Moreover, the questionnaire structure is the following:

  • Section A: Presentation.

  1. Q1.

    Data and services are presented appropriately.

  2. Q2.

    The information provided is comprehensive.

  • Section B: Elaboration.

  1. Q1.

    The system was able to provide the type of interventions needed.

  2. Q2.

    The system provided helpful support for the maintenance of the facility.

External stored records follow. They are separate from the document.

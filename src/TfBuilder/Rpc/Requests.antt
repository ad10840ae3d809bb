-- ===== src/TfBuilder/Rpc/Requests.antt =====
-- What StfRequestThread and BuildTfRequest (src/TfBuilder/TfBuilderRpc.cxx) ask of the StfSenders.
use mathlib.Core.List.Perm
use mathlib.Core.List.{append_assoc, append-nil, perm_middle}
use data_distribution.Prelude.{
  ℕ, zero, suc, ◌+◌, ◌%◌, ◌≤◌, ◌≡◌, refl, sym, ap, subst, ◌∙◌, ◌⊎◌, inl, inr, Bool, true, false,
  List, [], ◌∷◌, ◌++◌, some, String, ◌==◌, nat_eq, string_eq, ltb, if◌then◌else◌, find-insert,
  length, length-append, Bool-cases, arith, Perm,
}
use data_distribution.Common.ConcurrentQueue.{Queue, fifo, push}
use data_distribution.TfBuilder.Rpc.{
  TfBuilderRpc, StfRequest, ReceivedStfMeta, delete, take_at, request_stfs, conclude_requests,
  handle_request, set_number_of_stfs, get_number_of_stfs, first_sender, insert_by_size,
  sort_by_size,
}

-- The StfSenders that will send: those that could be reached and answered OK.
abbrev pub sender_of : (StfRequest → Bool) → StfRequest → List String
sender_of ask q = if ask q then q.stf_sender_id ∷ [] else []

abbrev pub senders : (StfRequest → Bool) → List StfRequest → List String
senders ask [] = []
senders ask (q ∷ qs) = sender_of ask q ++ senders ask qs

take_at-perm :
    (k : ℕ) (q : StfRequest) (qs : List StfRequest)
    → let (z, zs) = take_at k q qs in Perm (z ∷ zs) (q ∷ qs) × (length zs ≡ length qs)
unfolding take_at
take_at-perm zero q qs = (Perm.rfl, refl)
take_at-perm (suc k) q [] = (Perm.rfl, refl)
take_at-perm (suc k) q (p ∷ ps) =
    let (h, l) = take_at-perm k p ps in
    let (z, zs) = take_at k p ps in
    (Perm.trans (perm_middle (z ∷ []) zs) (Perm.append_left (q ∷ []) h), omega (arith, l))

push-running :
    (input : Queue String) (a : String)
    → input.running ≡ true
    → push fifo input a ≡ (true, record input { container = input.container ++ a ∷ [] })
unfolding push
push-running input a e = rw e refl

-- The request that goes out next, and what it adds.
abbrev asked : (StfRequest → Bool) → StfRequest → ℕ → Queue String → ℕ × Queue String
asked ask q expected input =
    if ask q then (expected + 1, (push fifo input q.stf_sender_id).1) else (expected, input)

asked-adds :
    (ask : StfRequest → Bool) (q : StfRequest) (expected : ℕ) (input : Queue String)
    → input.running ≡ true
    → let (expected', input') = asked ask q expected input in
      (expected' ≡ expected + length (sender_of ask q))
      × (input'.container ≡ input.container ++ sender_of ask q)
      × (input'.running ≡ true)
asked-adds ask q expected input e = elim (Bool-cases (ask q)) [
  | inl f ↦ rw (f, push-running input q.stf_sender_id e) (refl, refl, e)
  | inr f ↦ rw f (omega arith, sym (append-nil input.container), e)
]

request_stfs-adds :
    (fuel : ℕ) (running : ℕ → Bool) (pick : ℕ → ℕ) (ask : StfRequest → Bool)
    (v calls : List StfRequest) (expected : ℕ) (input : Queue String)
    → length v ≤ fuel
    → input.running ≡ true
    → let (calls', expected', input') = request_stfs fuel running pick ask v calls expected input in
      (new : List StfRequest) × (left : List StfRequest) × (calls' ≡ calls ++ new)
      × Perm (new ++ left) v
      × ((left ≡ []) ⊎ (running (length left) ≡ false))
      × (expected' ≡ expected + length (senders ask new))
      × (input'.container ≡ input.container ++ senders ask new)
unfolding request_stfs
request_stfs-adds fuel running pick ask [] calls expected input h e = (
  [],
  [],
  sym (append-nil calls),
  Perm.rfl,
  inl refl,
  omega arith,
  sym (append-nil input.container),
)
request_stfs-adds zero running pick ask (q ∷ qs) calls expected input h e = absurd (omega arith)
request_stfs-adds (suc fuel) running pick ask (q ∷ qs) calls expected input h e =
    let k = pick (suc (length qs)) % suc (length qs) in
    let (same, l) = take_at-perm k q qs in
    let (z, zs) = take_at k q qs in
    let (one_more, there, on) = asked-adds ask z expected input e in
    let (expected', input') = asked ask z expected input in
    let (new, left, called, perm, end, all, told) =
      request_stfs-adds fuel running pick ask zs (calls ++ z ∷ []) expected' input'
        (omega (arith, l)) on in
    let here = sender_of ask z in
    elim (Bool-cases (running (suc (length qs)))) [
      | inl f ↦ rw f (
        z ∷ new,
        left,
        called ∙ append_assoc calls (z ∷ []) new,
        Perm.trans (Perm.append_left (z ∷ []) perm) same,
        end,
        omega (arith, all, one_more, length-append here (senders ask new)),
        told
            ∙ ap (λ c. c ++ senders ask new) there
            ∙ append_assoc input.container here (senders ask new),
      )
      | inr f ↦ rw f (
        [],
        q ∷ qs,
        sym (append-nil calls),
        Perm.rfl,
        inr f,
        omega arith,
        sym (append-nil input.container),
      )
    ]

-- For every order in which the requests go out and all answers, for a queue that runs: the loop over
-- the requests of a time frame, with as much fuel as there are requests, calls StfDataRequest once for
-- each request, unless the thread is stopped, and then for none of those that are left. The number of
-- SubTimeFrames to expect is the number of the called StfSenders that answered OK, and these, in the
-- order of the calls, are what the input stage is told to fetch.
pub request_stfs_asks_all :
    (running : ℕ → Bool) (pick : ℕ → ℕ) (ask : StfRequest → Bool) (v : List StfRequest)
    (input : Queue String)
    → input.running ≡ true
    → let (calls, expected, input') = request_stfs (length v) running pick ask v [] 0 input in
      (left : List StfRequest) × Perm (calls ++ left) v
      × ((left ≡ []) ⊎ (running (length left) ≡ false))
      × (expected ≡ length (senders ask calls))
      × (input'.container ≡ input.container ++ senders ask calls)
request_stfs_asks_all running pick ask v input e =
    let (new, left, called, perm, end, all, told) =
      request_stfs-adds (length v) running pick ask v [] 0 input (omega arith) e in
    (
      left,
      subst (λ c. Perm (c ++ left) v) (sym called) perm,
      end,
      subst
          (λ c. (request_stfs (length v) running pick ask v [] 0 input).1 ≡ length (senders ask c))
          (sym called) (omega (arith, all)),
      subst
          (λ c.
            (request_stfs (length v) running pick ask v [] 0 input).2.container
            ≡ input.container ++ senders ask c)
          (sym called) told,
    )

-- What the input stage is told when no SubTimeFrame will come.
abbrev pub give_up : ℕ → ℕ → List ReceivedStfMeta
give_up id n = if n == 0 then delete id ∷ [] else []

conclude_requests-says :
    (tf_id renamed_id expected : ℕ) (is_topo : Bool) (sender : String) (r : TfBuilderRpc)
    → r.received_data_queue.running ≡ true
    → let id = if is_topo then renamed_id else tf_id in
      let r' = conclude_requests tf_id is_topo renamed_id sender expected r in
      (get_number_of_stfs id r' ≡ some expected)
      × (r'.received_data_queue.container ≡ r.received_data_queue.container ++ give_up id expected)
unfolding conclude_requests set_number_of_stfs get_number_of_stfs push
conclude_requests-says tf_id renamed_id expected true sender r e =
    let counted = find-insert renamed_id renamed_id expected r.stfs_count_map in
    elim (Bool-cases (expected == 0)) [
      | inl f ↦ rw (f, e) (ground (arith, counted), refl)
      | inr f ↦ rw f (ground (arith, counted), sym (append-nil r.received_data_queue.container))
    ]
conclude_requests-says tf_id renamed_id expected false sender r e =
    let counted = find-insert tf_id tf_id expected r.stfs_count_map in
    elim (Bool-cases (expected == 0)) [
      | inl f ↦ rw (f, e) (ground (arith, counted), refl)
      | inr f ↦ rw f (ground (arith, counted), sym (append-nil r.received_data_queue.container))
    ]

-- For queues that run, and every order of the requests and all answers: behind an entry of the request
-- queue, the number of SubTimeFrames recorded for its time frame, under the new id if it is
-- topological, is that of the called StfSenders that answered OK, and only if there are none is the
-- input stage told to forget the time frame.
pub handle_request_counts :
    (running : ℕ → Bool) (pick : ℕ → ℕ) (ask : StfRequest → Bool) (tf_id renamed_id : ℕ)
    (is_topo : Bool) (v : List StfRequest) (r : TfBuilderRpc)
    → r.stf_input_queue.running ≡ true
    → r.received_data_queue.running ≡ true
    → let id = if is_topo then renamed_id else tf_id in
      let calls = (request_stfs (length v) running pick ask v [] 0 r.stf_input_queue).0 in
      let r' = handle_request running pick ask (tf_id, is_topo, renamed_id, v) r in
      (get_number_of_stfs id r' ≡ some (length (senders ask calls)))
      × (r'.received_data_queue.container
          ≡ r.received_data_queue.container ++ give_up id (length (senders ask calls)))
unfolding handle_request
handle_request_counts running pick ask tf_id renamed_id is_topo v r on on' =
    let (left, perm, end, all, queued) =
      request_stfs_asks_all running pick ask v r.stf_input_queue on in
    let result = request_stfs (length v) running pick ask v [] 0 r.stf_input_queue in
    let id = if is_topo then renamed_id else tf_id in
    let sender = if is_topo then first_sender v else "" in
    let (counted, told) =
      conclude_requests-says tf_id renamed_id result.1 is_topo sender
        (record r { stf_input_queue = result.2 }) on' in
    (counted ∙ ap some all, told ∙ ap (λ n. r.received_data_queue.container ++ give_up id n) all)

-- The requests rise by size.
abbrev pub Rises : ℕ → List StfRequest → Type 0
Rises lo [] = Unit {0}
Rises lo (q ∷ qs) = (lo ≤ q.stf_data_size) × Rises q.stf_data_size qs

insert_by_size-Rises :
    (lo : ℕ) (q : StfRequest) (qs : List StfRequest)
    → lo ≤ q.stf_data_size
    → Rises lo qs
    → Rises lo (insert_by_size q qs)
unfolding insert_by_size
insert_by_size-Rises lo q [] h r = (h, tt)
insert_by_size-Rises lo q (p ∷ ps) h r = elim (Bool-cases (ltb p.stf_data_size q.stf_data_size)) [
  | inl e ↦ rw e (r.0, insert_by_size-Rises p.stf_data_size q ps (ground (arith, e)) r.1)
  | inr e ↦ rw e (h, (ground (arith, e), r.1))
]

insert_by_size-perm : (q : StfRequest) (qs : List StfRequest) → Perm (insert_by_size q qs) (q ∷ qs)
unfolding insert_by_size
insert_by_size-perm q [] = Perm.rfl
insert_by_size-perm q (p ∷ ps) = elim (Bool-cases (ltb p.stf_data_size q.stf_data_size)) [
  | inl e ↦
      rw e (
        Perm.trans (Perm.append_left (p ∷ []) (insert_by_size-perm q ps)) (perm_middle (p ∷ []) ps))
  | inr e ↦ rw e Perm.rfl
]

-- BuildTfRequest sorts its requests: the same ones, and rising by size, whatever they are.
pub sort_by_size_sorts :
    (qs : List StfRequest) → Perm (sort_by_size qs) qs × Rises 0 (sort_by_size qs)
unfolding sort_by_size
sort_by_size_sorts [] = (Perm.rfl, tt)
sort_by_size_sorts (q ∷ qs) =
    let (p, r) = sort_by_size_sorts qs in
    (
      Perm.trans (insert_by_size-perm q (sort_by_size qs)) (Perm.append_left (q ∷ []) p),
      insert_by_size-Rises 0 q (sort_by_size qs) (omega arith) r,
    )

  • Section C: Interaction.

  1. Q1.

    Interaction with the dashboard is natural.

  2. Q2.

    The dashboard can communicate effectively without complications.

  • Section D: Usability.

  1. Q1.

    The interface is user-friendly.

  2. Q2.

    Response times are adequate.

Figure 12 shows the results. Looking at all answers, the degree of user satisfaction is high. In addition to interaction and usability, the ability to present data was tested, which provided us with important feedback on the ability to make experienced users aware of the management of the building under study. Furthermore, although at a preliminary stage, the developed system showed a promising user acceptance index, especially in the recommendation of interventions, supporting the operators in taking the right actions at the right time. In particular, sections A and B reach significant results representing the ability to provide the appropriate information to users and obtain suggestions for interventions, respectively.

Fig. 12
figure 12

Answers to the questionnaire

6 Conclusion

This study introduces an IoT-based architecture for protecting buildings belonging to Cultural Heritage. The novelty of the proposed system lies in the combination of three aspects: asset monitoring, predictive maintenance, and decision-making regarding the interventions to implement. The central point of the system is the use of IoT technologies: asset monitoring data provide the starting point for the management and conservation of Cultural Heritage and valuable feedback for the management and effectiveness of applicable interventions. The system exploits Machine Learning techniques supported by data management tools to increase context awareness. The proposed architecture was the subject of experimentation that involved the development of a prototype and validation involving expert users. The experimental phases yielded promising results: the system effectively supports users in monitoring data and efficiently scheduling maintenance interventions, choosing the best possible combination of conservation interventions. Future developments include database expansion, which could improve the system, especially in decision-making. Furthermore, introducing new control parameters and actuators could lead to comprehensive monitored asset management.